(Records for processing begins)

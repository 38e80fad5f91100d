-- ===== src/Diff/Binary/Decoded.antt =====
-- Decoding an arbitrary stream: the loop ends, and what it returns is in the ranges of the types.
use oxiterm.Common.{
  ℕ, Option, Bool, true, false, if◌then◌else◌, ◌==◌, zero, suc, ◌≤◌, ◌<◌, some, none, List, [], ◌∷◌,
  ◌++◌, arith, All, All-append, length,
}
use oxiterm.Common.Outcome.{Result, ok, err, ◌>>=◌}
use oxiterm.Style.{InRange}
use oxiterm.Diff.{AnsiCommand}
use oxiterm.Diff.Binary.{
  Side, fg_side, bg_side, invalid_tag, decode_color, decode_move_cursor, decode_set_color,
  decode_write_char, decode_set_modifiers, decode_command, decode_loop, decode_binary, Parsed,
  DecodeError,
}
use oxiterm.Diff.Binary.RoundTrip.{IsCommand}

abbrev pub IsByte : ℕ → Type 0
IsByte b = b < 256

-- A step that succeeds reads forward and returns a value in range.
abbrev Reads {ℓ} : {A : Type ℓ} → (A → Type 0) → List ℕ → Parsed A → Type 0
Reads P bytes (err e) = Unit
Reads P bytes (ok (a, rest)) =
    (All IsByte bytes → P a × All IsByte rest) × (length rest ≤ length bytes)

decode_color-Reads : (side : Side) (bytes : List ℕ) → Reads InRange bytes (decode_color side bytes)
unfolding decode_color
decode_color-Reads side [] = tt
decode_color-Reads side (k ∷ []) = ground arith
decode_color-Reads side (k ∷ a ∷ []) = ground arith
decode_color-Reads side (k ∷ a ∷ b ∷ []) = ground arith
decode_color-Reads side (k ∷ a ∷ b ∷ c ∷ rest) = ground arith

decode_move_cursor-Reads : (bytes : List ℕ) → Reads IsCommand bytes (decode_move_cursor bytes)
unfolding decode_move_cursor
decode_move_cursor-Reads (a ∷ b ∷ c ∷ d ∷ rest) = ((λ h. ground arith), ground arith)
decode_move_cursor-Reads _ = tt

decode_write_char-Reads : (bytes : List ℕ) → Reads IsCommand bytes (decode_write_char bytes)
unfolding decode_write_char
decode_write_char-Reads (a ∷ b ∷ c ∷ d ∷ w ∷ rest) = ground arith
decode_write_char-Reads _ = tt

decode_set_modifiers-Reads : (bytes : List ℕ) → Reads IsCommand bytes (decode_set_modifiers bytes)
unfolding decode_set_modifiers
decode_set_modifiers-Reads [] = tt
decode_set_modifiers-Reads (flags ∷ rest) = ground arith

Reads-weaken :
    {A : Type 0} (P : Type 0) (Q : A → Type 0) (bytes rest : List ℕ) (r : Parsed A)
    → (All IsByte bytes → P × All IsByte rest)
    → length rest ≤ length bytes
    → Reads (λ a. P → Q a) rest r
    → Reads Q bytes r
Reads-weaken P Q bytes rest (err e) h le g = tt
Reads-weaken P Q bytes rest (ok (a, rest')) h le g =
    ((λ k. ((g.0 (h k).1).0 (h k).0, (g.0 (h k).1).1)), omega arith)

Reads-bind :
    {A B : Type 0} (P : A → Type 0) (Q : B → Type 0) (bytes : List ℕ) (m : Parsed A)
    (f : A × List ℕ → Parsed B)
    → Reads P bytes m
    → ((a : A) (rest : List ℕ) → Reads (λ b. P a → Q b) rest (f (a, rest)))
    → Reads Q bytes (m >>= f)
Reads-bind P Q bytes (err e) f h g = tt
Reads-bind P Q bytes (ok (a, rest)) f h g =
    Reads-weaken (P a) Q bytes rest (f (a, rest)) h.0 h.1 (g a rest)

Reads-if :
    {A : Type 0} (P : A → Type 0) (bytes : List ℕ) (b : Bool) (x y : Parsed A)
    → Reads P bytes x
    → Reads P bytes y
    → Reads P bytes (if b then x else y)
Reads-if P bytes true x y h k = h
Reads-if P bytes false x y h k = k

decode_set_color-Reads : (bytes : List ℕ) → Reads IsCommand bytes (decode_set_color bytes)
unfolding decode_set_color
decode_set_color-Reads bytes =
    Reads-bind InRange IsCommand bytes (decode_color fg_side bytes) _
      (decode_color-Reads fg_side bytes)
      λ fg rest.
        Reads-bind InRange (λ c. InRange fg → IsCommand c) rest (decode_color bg_side rest) _
          (decode_color-Reads bg_side rest) λ bg rest'. ((λ h. ((λ b f. (f, b)), h)), omega arith)

decode_command-Reads : (tag : ℕ) (bytes : List ℕ) → Reads IsCommand bytes (decode_command tag bytes)
unfolding decode_command
decode_command-Reads tag bytes =
    Reads-if IsCommand bytes (tag == 0x01) _ _ (decode_move_cursor-Reads bytes) (
      Reads-if IsCommand bytes (tag == 0x02) _ _ (decode_set_color-Reads bytes) (
        Reads-if IsCommand bytes (tag == 0x03) _ _ (decode_write_char-Reads bytes) (
          Reads-if IsCommand bytes (tag == 0x04) _ _ (decode_set_modifiers-Reads bytes) (
            Reads-if IsCommand bytes (tag == 0x05) _ (err invalid_tag) ((λ h. (tt, h)), omega arith)
              tt))))

-- The loop ended, with an error or with commands in range.
abbrev pub Ends : Option (Result DecodeError (List AnsiCommand)) → Type 0
Ends none = ⊥
Ends (some (err e)) = Unit
Ends (some (ok cmds)) = All IsCommand cmds

-- The rest of the loop behind one decoded command.
round-Ends :
    (fuel : ℕ) (bytes : List ℕ) (acc : List AnsiCommand) (r : Parsed AnsiCommand)
    → Reads IsCommand bytes r
    → length bytes ≤ fuel
    → All IsByte bytes
    → All IsCommand acc
    → ((rest : List ℕ) (acc' : List AnsiCommand)
        → length rest ≤ fuel
        → All IsByte rest
        → All IsCommand acc'
        → Ends (decode_loop fuel rest acc'))
    → Ends
        (elim r [ err e ↦ some (err e) | ok (cmd, rest) ↦ decode_loop fuel rest (acc ++ cmd ∷ []) ])
round-Ends fuel bytes acc (err e) reads enough hb ha ih = tt
round-Ends fuel bytes acc (ok (cmd, rest)) reads enough hb ha ih =
    ih rest (acc ++ cmd ∷ []) (omega arith) (reads.0 hb).1
      (All-append IsCommand acc (cmd ∷ []) ha ((reads.0 hb).0, tt))

decode_loop-Ends :
    (fuel : ℕ) (bytes : List ℕ) (acc : List AnsiCommand)
    → length bytes ≤ fuel
    → All IsByte bytes
    → All IsCommand acc
    → Ends (decode_loop fuel bytes acc)
unfolding decode_loop
decode_loop-Ends fuel [] acc enough hb ha = ha
decode_loop-Ends zero (b ∷ bytes) acc enough hb ha = absurd (omega arith)
decode_loop-Ends (suc fuel) (b ∷ bytes) acc enough hb ha =
    round-Ends fuel bytes acc (decode_command b bytes) (decode_command-Reads b bytes) (omega arith)
      hb.1 ha (decode_loop-Ends fuel)

-- Every stream of bytes is decoded or refused with an error, the loop never runs out of fuel, and
-- the commands decoded have coordinates, channels and characters in the ranges of their types.
pub decode_binary-Ends : (bytes : List ℕ) → All IsByte bytes → Ends (decode_binary bytes)
unfolding decode_binary
decode_binary-Ends bytes h = decode_loop-Ends (length bytes) bytes [] (omega arith) h tt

(Records for processing ends)

## Exercise goal
Give the entries again, every one of them exactly.

## Exercise result
repository 38e80fad5f91100d
-- ===== src/Diff/Binary/Decoded.antt =====
-- Decoding an arbitrary stream: the loop ends, and what it returns is in the ranges of the types.
use oxiterm.Common.{
  ℕ, Option, Bool, true, false, if◌then◌else◌, ◌==◌, zero, suc, ◌≤◌, ◌<◌, some, none, List, [], ◌∷◌,
  ◌++◌, arith, All, All-append, length,
}
use oxiterm.Common.Outcome.{Result, ok, err, ◌>>=◌}
use oxiterm.Style.{InRange}
use oxiterm.Diff.{AnsiCommand}
use oxiterm.Diff.Binary.{
  Side, fg_side, bg_side, invalid_tag, decode_color, decode_move_cursor, decode_set_color,
  decode_write_char, decode_set_modifiers, decode_command, decode_loop, decode_binary, Parsed,
  DecodeError,
}
use oxiterm.Diff.Binary.RoundTrip.{IsCommand}

abbrev pub IsByte : ℕ → Type 0
IsByte b = b < 256

-- A step that succeeds reads forward and returns a value in range.
abbrev Reads {ℓ} : {A : Type ℓ} → (A → Type 0) → List ℕ → Parsed A → Type 0
Reads P bytes (err e) = Unit
Reads P bytes (ok (a, rest)) =
    (All IsByte bytes → P a × All IsByte rest) × (length rest ≤ length bytes)

decode_color-Reads : (side : Side) (bytes : List ℕ) → Reads InRange bytes (decode_color side bytes)
unfolding decode_color
decode_color-Reads side [] = tt
decode_color-Reads side (k ∷ []) = ground arith
decode_color-Reads side (k ∷ a ∷ []) = ground arith
decode_color-Reads side (k ∷ a ∷ b ∷ []) = ground arith
decode_color-Reads side (k ∷ a ∷ b ∷ c ∷ rest) = ground arith

decode_move_cursor-Reads : (bytes : List ℕ) → Reads IsCommand bytes (decode_move_cursor bytes)
unfolding decode_move_cursor
decode_move_cursor-Reads (a ∷ b ∷ c ∷ d ∷ rest) = ((λ h. ground arith), ground arith)
decode_move_cursor-Reads _ = tt

decode_write_char-Reads : (bytes : List ℕ) → Reads IsCommand bytes (decode_write_char bytes)
unfolding decode_write_char
decode_write_char-Reads (a ∷ b ∷ c ∷ d ∷ w ∷ rest) = ground arith
decode_write_char-Reads _ = tt

decode_set_modifiers-Reads : (bytes : List ℕ) → Reads IsCommand bytes (decode_set_modifiers bytes)
unfolding decode_set_modifiers
decode_set_modifiers-Reads [] = tt
decode_set_modifiers-Reads (flags ∷ rest) = ground arith

Reads-weaken :
    {A : Type 0} (P : Type 0) (Q : A → Type 0) (bytes rest : List ℕ) (r : Parsed A)
    → (All IsByte bytes → P × All IsByte rest)
    → length rest ≤ length bytes
    → Reads (λ a. P → Q a) rest r
    → Reads Q bytes r
Reads-weaken P Q bytes rest (err e) h le g = tt
Reads-weaken P Q bytes rest (ok (a, rest')) h le g =
    ((λ k. ((g.0 (h k).1).0 (h k).0, (g.0 (h k).1).1)), omega arith)

Reads-bind :
    {A B : Type 0} (P : A → Type 0) (Q : B → Type 0) (bytes : List ℕ) (m : Parsed A)
    (f : A × List ℕ → Parsed B)
    → Reads P bytes m
    → ((a : A) (rest : List ℕ) → Reads (λ b. P a → Q b) rest (f (a, rest)))
    → Reads Q bytes (m >>= f)
Reads-bind P Q bytes (err e) f h g = tt
Reads-bind P Q bytes (ok (a, rest)) f h g =
    Reads-weaken (P a) Q bytes rest (f (a, rest)) h.0 h.1 (g a rest)

Reads-if :
    {A : Type 0} (P : A → Type 0) (bytes : List ℕ) (b : Bool) (x y : Parsed A)
    → Reads P bytes x
    → Reads P bytes y
    → Reads P bytes (if b then x else y)
Reads-if P bytes true x y h k = h
Reads-if P bytes false x y h k = k

decode_set_color-Reads : (bytes : List ℕ) → Reads IsCommand bytes (decode_set_color bytes)
unfolding decode_set_color
decode_set_color-Reads bytes =
    Reads-bind InRange IsCommand bytes (decode_color fg_side bytes) _
      (decode_color-Reads fg_side bytes)
      λ fg rest.
        Reads-bind InRange (λ c. InRange fg → IsCommand c) rest (decode_color bg_side rest) _
          (decode_color-Reads bg_side rest) λ bg rest'. ((λ h. ((λ b f. (f, b)), h)), omega arith)

decode_command-Reads : (tag : ℕ) (bytes : List ℕ) → Reads IsCommand bytes (decode_command tag bytes)
unfolding decode_command
decode_command-Reads tag bytes =
    Reads-if IsCommand bytes (tag == 0x01) _ _ (decode_move_cursor-Reads bytes) (
      Reads-if IsCommand bytes (tag == 0x02) _ _ (decode_set_color-Reads bytes) (
        Reads-if IsCommand bytes (tag == 0x03) _ _ (decode_write_char-Reads bytes) (
          Reads-if IsCommand bytes (tag == 0x04) _ _ (decode_set_modifiers-Reads bytes) (
            Reads-if IsCommand bytes (tag == 0x05) _ (err invalid_tag) ((λ h. (tt, h)), omega arith)
              tt))))

-- The loop ended, with an error or with commands in range.
abbrev pub Ends : Option (Result DecodeError (List AnsiCommand)) → Type 0
Ends none = ⊥
Ends (some (err e)) = Unit
Ends (some (ok cmds)) = All IsCommand cmds

-- The rest of the loop behind one decoded command.
round-Ends :
    (fuel : ℕ) (bytes : List ℕ) (acc : List AnsiCommand) (r : Parsed AnsiCommand)
    → Reads IsCommand bytes r
    → length bytes ≤ fuel
    → All IsByte bytes
    → All IsCommand acc
    → ((rest : List ℕ) (acc' : List AnsiCommand)
        → length rest ≤ fuel
        → All IsByte rest
        → All IsCommand acc'
        → Ends (decode_loop fuel rest acc'))
    → Ends
        (elim r [ err e ↦ some (err e) | ok (cmd, rest) ↦ decode_loop fuel rest (acc ++ cmd ∷ []) ])
round-Ends fuel bytes acc (err e) reads enough hb ha ih = tt
round-Ends fuel bytes acc (ok (cmd, rest)) reads enough hb ha ih =
    ih rest (acc ++ cmd ∷ []) (omega arith) (reads.0 hb).1
      (All-append IsCommand acc (cmd ∷ []) ha ((reads.0 hb).0, tt))

decode_loop-Ends :
    (fuel : ℕ) (bytes : List ℕ) (acc : List AnsiCommand)
    → length bytes ≤ fuel
    → All IsByte bytes
    → All IsCommand acc
    → Ends (decode_loop fuel bytes acc)
unfolding decode_loop
decode_loop-Ends fuel [] acc enough hb ha = ha
decode_loop-Ends zero (b ∷ bytes) acc enough hb ha = absurd (omega arith)
decode_loop-Ends (suc fuel) (b ∷ bytes) acc enough hb ha =
    round-Ends fuel bytes acc (decode_command b bytes) (decode_command-Reads b bytes) (omega arith)
      hb.1 ha (decode_loop-Ends fuel)

-- Every stream of bytes is decoded or refused with an error, the loop never runs out of fuel, and
-- the commands decoded have coordinates, channels and characters in the ranges of their types.
pub decode_binary-Ends : (bytes : List ℕ) → All IsByte bytes → Ends (decode_binary bytes)
unfolding decode_binary
decode_binary-Ends bytes h = decode_loop-Ends (length bytes) bytes [] (omega arith) h tt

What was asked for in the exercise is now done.